Ragas → OpenObserve
Capture evaluation scores, latency, and metadata for every Ragas evaluation run. Ragas does not include a dedicated OTel instrumentor, so evaluation calls are wrapped in manual spans with scores extracted from the result.
Prerequisites
- Python 3.9+
- An OpenObserve account (cloud or self-hosted)
- Your OpenObserve organisation ID and Base64-encoded auth token
- An OpenAI API key (Ragas uses LLMs to compute metrics)
Installation
Configuration
Create a .env file in your project root:
OPENOBSERVE_URL=https://api.openobserve.ai/
OPENOBSERVE_ORG=your_org_id
OPENOBSERVE_AUTH_TOKEN=Basic <your_base64_token>
OPENAI_API_KEY=your-openai-api-key
Instrumentation
Call openobserve_init() to set up the tracer provider, then wrap each metric scoring call in a manual span.
Ragas 0.4.x uses an async scoring API. Pass an AsyncOpenAI client wrapped with instructor to the metric, and call ascore() inside an asyncio.run() block.
import asyncio
from dotenv import load_dotenv
load_dotenv()
from openobserve import openobserve_init
openobserve_init()
import os
import instructor
from openai import AsyncOpenAI
from opentelemetry import trace
from ragas.llms import LiteLLMStructuredLLM
from ragas.metrics.collections import Faithfulness
tracer = trace.get_tracer(__name__)
oai = AsyncOpenAI(api_key=os.environ["OPENAI_API_KEY"])

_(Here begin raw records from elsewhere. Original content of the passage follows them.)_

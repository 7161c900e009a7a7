-- ===== src/Shell/SetGet.antt =====
-- From `set` to `get`: app/shell.rs, txpool/mempool.rs and executor/executor.rs together.
use gravity_kvstore.Prelude.{
  ◌+◌, ◌<◌, ◌≡◌, refl, ap, sym, subst, Text, bytes_eq, bytes_beq_refl, some, List, [], ◌∷◌, ok,
  arith, u64_mod,
}
use gravity_kvstore.Dict
use gravity_kvstore.Types.{
  AccountState, Transaction, UnsignedTransaction, set_kv, TransactionReceipt,
  TransactionWithAccount,
}
use gravity_kvstore.Types.Deps.{Deps, HexLaws, KeccakLaws, BincodeLaws, SecpLaws}
use gravity_kvstore.Types.Convert.{sequence_number}
use gravity_kvstore.Crypto.{KeyPair, public_key_to_address}
use gravity_kvstore.Crypto.Signing.{verify-sign, sign_transaction-same}
use gravity_kvstore.State.{State, get_account}
use gravity_kvstore.Mempool.{add_raw_txn}
use gravity_kvstore.Mempool.WellFormed.{IsWellFormed}
use gravity_kvstore.Mempool.Holds.{Holds, add_raw_txn-Holds}
use gravity_kvstore.Executor.{sender_state, execute_next}
use gravity_kvstore.Executor.Runs.{set_runs}
use gravity_kvstore.Executor.Set.{set_writes}
use gravity_kvstore.Server.{get_value, Context}
use gravity_kvstore.Server.Submit.{account_of, raw_txn_key-address}
use gravity_kvstore.Shell.{
  Shell, transaction_sent, value, say, nonce_or_zero, get_line, send_set, handle_set_command,
}

pub nonce-sender_state : (a : Text) (s : State) → (sender_state a s).nonce ≡ nonce_or_zero a s
unfolding sender_state
nonce-sender_state a s = ground arith

get_line-lookup :
    (key found a : Text) (s : State) (account : AccountState)
    → get_account a s ≡ some account
    → Dict.lookup key account.kv_store ≡ some found
    → get_line key a s ≡ value found
unfolding get_line
get_line-lookup key found a s account e e' = ground arith

pub get_value-lookup :
    {S : Type 0} (key found a : Text) (c : Context S) (account : AccountState)
    → get_account a c.state ≡ some account
    → Dict.lookup key account.kv_store ≡ some found
    → get_value a key c ≡ ok found
unfolding get_value
get_value-lookup key found a c account e e' = ground arith

module _ (d : Deps) where
  -- A user of the shell, by the secret key.
  abbrev pub user : d.SecretKey → KeyPair d
  user secret = record { secret_key = secret; public_key = d.public_key_from_secret_key secret }

  abbrev pub address_of : d.SecretKey → Text
  address_of secret = public_key_to_address d (d.public_key_from_secret_key secret)

  -- What `set` signs.
  abbrev pub set_of : Text → Text → d.SecretKey → State → UnsignedTransaction
  set_of key new secret s = record {
    nonce = nonce_or_zero (address_of secret) s;
    kind = set_kv key new;
  }

module _ (d : Deps) (hex : HexLaws d) (sha : KeccakLaws d) (bincode : BincodeLaws d)
    (secp : SecpLaws d) where
  -- With packages that keep their laws, a user whose next nonce fits in a `u64` and who sets a
  -- key, in a shell whose pool is well formed, sends a transaction of that user: the shell says
  -- that it was sent, with its hash; the pool holds it; it is executed in the shell's state,
  -- whatever that is; and in the state after, the shell and the server find the new value under
  -- the key.
  pub set_then_get :
      {S : Type 0} (name key new : Text) (rest : List Text) (shell : Shell d S)
      (secret : d.SecretKey)
      → shell.keypair ≡ some (user d secret)
      → IsWellFormed shell.context.mempool
      → nonce_or_zero (address_of d secret) shell.context.state + 1 < u64_mod
      → let (lines, shell') = handle_set_command d (name ∷ key ∷ new ∷ rest) shell in
        (t : TransactionWithAccount) × (r : TransactionReceipt) × (s' : State) × (t.txn.unsigned
          ≡ set_of d key new secret shell.context.state)
        × (lines
            ≡ ok (transaction_sent (d.hex_encode (d.keccak (bincode.encoded t.txn.unsigned))) ∷ []))
        × Holds
            (account_of d hex sha bincode (d.public_key_from_secret_key secret))
            t
            shell'.context.mempool
        × (execute_next d t shell.context.state ≡ (ok (r ∷ []), s'))
        × (get_line key (address_of d secret) s' ≡ value new)
        × (get_value (address_of d secret) key (record (shell'.context) { state = s' }) ≡ ok new)
  unfolding handle_set_command send_set sequence_number
  set_then_get name key new rest shell secret known w fits =
      let s = shell.context.state in
      let a = address_of d secret in
      let unsigned = set_of d key new secret s in
      let (signature, signed, verified) = verify-sign d hex sha bincode secp unsigned secret in
      let signed' =
        sign_transaction-same d hex sha bincode secp {F = Unit {0}} unsigned secret signed in
      let txn : Transaction = record { unsigned = unsigned; signature = signature } in
      let t : TransactionWithAccount = record { txn = txn; address = a } in
      let (sent, holds) =
        add_raw_txn-Holds d (Unit {0}) t shell.context.mempool
          (account_of d hex sha bincode (d.public_key_from_secret_key secret))
          (d.keccak (bincode.encoded unsigned)) w fits
          (raw_txn_key-address d hex sha bincode (Unit {0}) (d.public_key_from_secret_key secret)
            txn) in
      let next : (sender_state a s).nonce + 1 < u64_mod = omega (arith, nonce-sender_state a s) in
      let (r, s', runs) =
        set_runs d bincode t a key new s verified refl (sym (nonce-sender_state a s)) fits in
      let (account, found, _, _, looked) =
        set_writes d t a key new s s' a key verified refl next runs in
      let there : get_account a s' ≡ some account = ground (arith, bytes_beq_refl a) in
      let read : Dict.lookup key account.kv_store ≡ some new = ground (arith, bytes_beq_refl key) in
      let pool = (add_raw_txn d {E = Unit {0}} t shell.context.mempool).1 in
      let ran : handle_set_command d (name ∷ key ∷ new ∷ rest) shell
          ≡ say d (transaction_sent (d.hex_encode (d.keccak (bincode.encoded unsigned))))
              (record shell { context = record (shell.context) { mempool = pool } }) =
        ground arith in
      (
        t,
        r,
        s',
        refl,
        ap (λ q. q.0) ran,
        subst
            (λ q.
              Holds (account_of d hex sha bincode (d.public_key_from_secret_key secret)) t
                q.1.context.mempool)
            (sym ran) holds,
        runs,
        get_line-lookup key new a s' account there read,
        get_value-lookup key new a _ account there read,
      )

client = instructor.from_openai(oai)
llm = LiteLLMStructuredLLM(client=client, model="gpt-4o-mini", provider="openai")
faithfulness_metric = Faithfulness(llm=llm)
async def evaluate_sample(user_input: str, response: str, retrieved_contexts: list) -> None:
with tracer.start_as_current_span("ragas.evaluate") as span:
span.set_attribute("ragas.question", user_input)
span.set_attribute("ragas.metrics", "faithfulness")
result = await faithfulness_metric.ascore(
user_input=user_input,
response=response,
retrieved_contexts=retrieved_contexts,
)
span.set_attribute("ragas.faithfulness", float(result.value))
print(f"Faithfulness: {result.value:.2f}")
asyncio.run(evaluate_sample(
user_input="What is OpenTelemetry?",
response="OpenTelemetry is a vendor-neutral observability framework.",
retrieved_contexts=["OpenTelemetry provides APIs and SDKs for distributed tracing, metrics, and logging."],
))
Batch evaluation
async def evaluate_batch(samples: list) -> None:
for i, sample in enumerate(samples):
with tracer.start_as_current_span("ragas.evaluate") as span:
span.set_attribute("ragas.question", sample["user_input"])
span.set_attribute("ragas.metrics", "faithfulness")
result = await faithfulness_metric.ascore(**sample)
span.set_attribute("ragas.faithfulness", float(result.value))
print(f"[{i+1}] faithfulness={result.value:.2f}")
samples = [
{
"user_input": "What is a span?",
"response": "A span is a unit of work in a distributed trace.",
"retrieved_contexts": ["A span represents a named, timed operation in a trace."],
},
{
"user_input": "What does OTLP stand for?",
"response": "OTLP stands for OpenTelemetry Protocol.",
"retrieved_contexts": ["OTLP is used to transmit telemetry data to backends."],
},
]
asyncio.run(evaluate_batch(samples))
What Gets Captured
Each evaluation wrapped in a span produces the following attributes. OpenObserve stores dot-separated attribute names with underscores.
| Attribute (in OpenObserve) | Description |
|---|---|
operation_name |
ragas.evaluate |
ragas_question |
The question being evaluated |
ragas_metrics |
Comma-separated list of metrics computed |
ragas_faithfulness |
Faithfulness score (0.0 to 1.0) |
duration |
End-to-end evaluation latency |
span_status |
UNSET on success, ERROR on failure |
Viewing Traces
- Log in to OpenObserve and navigate to Traces in the left sidebar
- Filter by
operation_name = ragas.evaluateto find evaluation spans - Click any span to inspect metric scores and the question being evaluated
- Use Dashboards to plot
ragas_faithfulnessover time and track RAG quality trends

Next Steps
With Ragas instrumented, every evaluation run is recorded in OpenObserve. From here you can track RAG quality scores over time, correlate evaluation results with retrieval or model changes, and alert when scores drop below a threshold.